■ **Problem statement**: Copy out the lines below that hold the word "unfolding".

Source records:
Content starts

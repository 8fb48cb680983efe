-- ===== src/Database/History.antt =====
-- src/server/database.rs: the history that `ban_count` counts.
use rail2ban.Prelude.{
  ◌+◌, ◌≡◌, refl, ap, Bool, true, false, ◌&&◌, Option, none, some, List, [], ◌∷◌, ◌++◌, arith,
  length, retain, any, retain-append, append-nil, Str, str_eq_refl, Bool-cases, inl, inr,
  if◌then◌else◌, length-append,
}
use rail2ban.Prelude.Int.{ℤ, eq_ℤ, ◌<ℤ◌}
use rail2ban.Database.{
  DbBan, Database, ban_of, ban_at, ban_row, add_ban, remove_ban, newest, delete_newest, ban_count,
  later,
}
use rail2ban.Database.Rows.{eq_ℤ_refl, retain-absent}

-- Every row that the newest of a pair can be is before the instant.
abbrev pub Before : Option ℤ → ℤ → Type 0
Before none t = Unit {0}
Before (some u) t = u <ℤ t

-- The step of `newest` at one row: what it says of the rows behind.
Before-later :
    (own : Bool) (u t : ℤ) (rest : Option ℤ)
    → Before (if own then some (later u rest) else rest) t
    → Before rest t × ((own && eq_ℤ u t) ≡ false) × ((own ≡ true) → u <ℤ t)
Before-later true u t none h = (tt, ground arith, λ _. h)
Before-later true u t (some v) h = ground arith
Before-later false u t none h = (tt, refl, λ e. absurd (cc))
Before-later false u t (some v) h = (h, refl, λ e. absurd (cc))

later_before : (u t : ℤ) → u <ℤ t → later u (some t) ≡ t
later_before u t h = ground arith

newest-append :
    (jail ip : Str) (rs : List DbBan) (t : ℤ) (bantime : Option ℤ) (payload : Str)
    → Before (newest jail ip rs) t
    → newest jail ip (rs ++ ban_row jail ip t bantime payload ∷ []) ≡ some t
unfolding newest
newest-append jail ip [] t bantime payload h = ground (arith, str_eq_refl jail, str_eq_refl ip)
newest-append jail ip (r ∷ rs) t bantime payload h =
    let (earlier, _, older) =
      Before-later (ban_of jail ip r) r.time_of_ban t (newest jail ip rs) h in
    rw (newest-append jail ip rs t bantime payload earlier) (elim (Bool-cases (ban_of jail ip r)) [
      | inl own ↦ rw (own, later_before r.time_of_ban t (older own)) refl
      | inr other ↦ rw other refl
    ])

-- No row of the pair has the instant itself.
Before-fresh :
    (jail ip : Str) (rs : List DbBan) (t : ℤ)
    → Before (newest jail ip rs) t
    → any (ban_at jail ip t) rs ≡ false
unfolding newest any
Before-fresh jail ip [] t h = refl
Before-fresh jail ip (r ∷ rs) t h =
    let (earlier, apart, _) =
      Before-later (ban_of jail ip r) r.time_of_ban t (newest jail ip rs) h in
    rw (apart, Before-fresh jail ip rs t earlier)

-- A new ban of a pair, later than those before it, adds one row to the history of the pair.
pub ban_count-add_ban :
    (db : Database) (jail ip : Str) (t : ℤ) (bantime : Option ℤ) (payload : Str)
    → Before (newest jail ip db.bans) t
    → ban_count (add_ban db jail ip t bantime payload) jail ip ≡ ban_count db jail ip + 1
unfolding ban_count add_ban retain
ban_count-add_ban db jail ip t bantime payload h =
    rw
      (
        retain-absent (ban_at jail ip t) db.bans (Before-fresh jail ip db.bans t h),
        retain-append,
        length-append,
      )
      (ground (arith, str_eq_refl jail, str_eq_refl ip))

-- Removing the ban again (an unban, or the expiry) gives back the history from before it.
pub bans-remove_ban :
    (db : Database) (jail ip : Str) (t : ℤ) (bantime : Option ℤ) (payload : Str)
    → Before (newest jail ip db.bans) t
    → (remove_ban (add_ban db jail ip t bantime payload) jail ip).bans ≡ db.bans
unfolding remove_ban add_ban delete_newest retain
bans-remove_ban db jail ip t bantime payload h =
    let fresh = retain-absent (ban_at jail ip t) db.bans (Before-fresh jail ip db.bans t h) in
    rw (fresh, newest-append jail ip db.bans t bantime payload h)
      (rw (retain-append, fresh)
        (ground (arith, str_eq_refl jail, str_eq_refl ip, eq_ℤ_refl t, append-nil db.bans)))

-- So the number that `bantime_increment` goes by is after a ban that has ended what it was before it,
-- and no later ban of the address is longer for it.
pub ban_count_forgets :
    (db : Database) (jail ip : Str) (t : ℤ) (bantime : Option ℤ) (payload : Str)
    → Before (newest jail ip db.bans) t
    → (ban_count (add_ban db jail ip t bantime payload) jail ip ≡ ban_count db jail ip + 1)
      × (ban_count (remove_ban (add_ban db jail ip t bantime payload) jail ip) jail ip
          ≡ ban_count db jail ip)
unfolding ban_count
ban_count_forgets db jail ip t bantime payload h = (
  ban_count-add_ban db jail ip t bantime payload h,
  ap (λ rs. length (retain (ban_of jail ip) rs)) (bans-remove_ban db jail ip t bantime payload h),
)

Content ends

■ **Response box**:
unfolding newest
unfolding newest any
unfolding ban_count add_ban retain
unfolding remove_ban add_ban delete_newest retain
unfolding ban_count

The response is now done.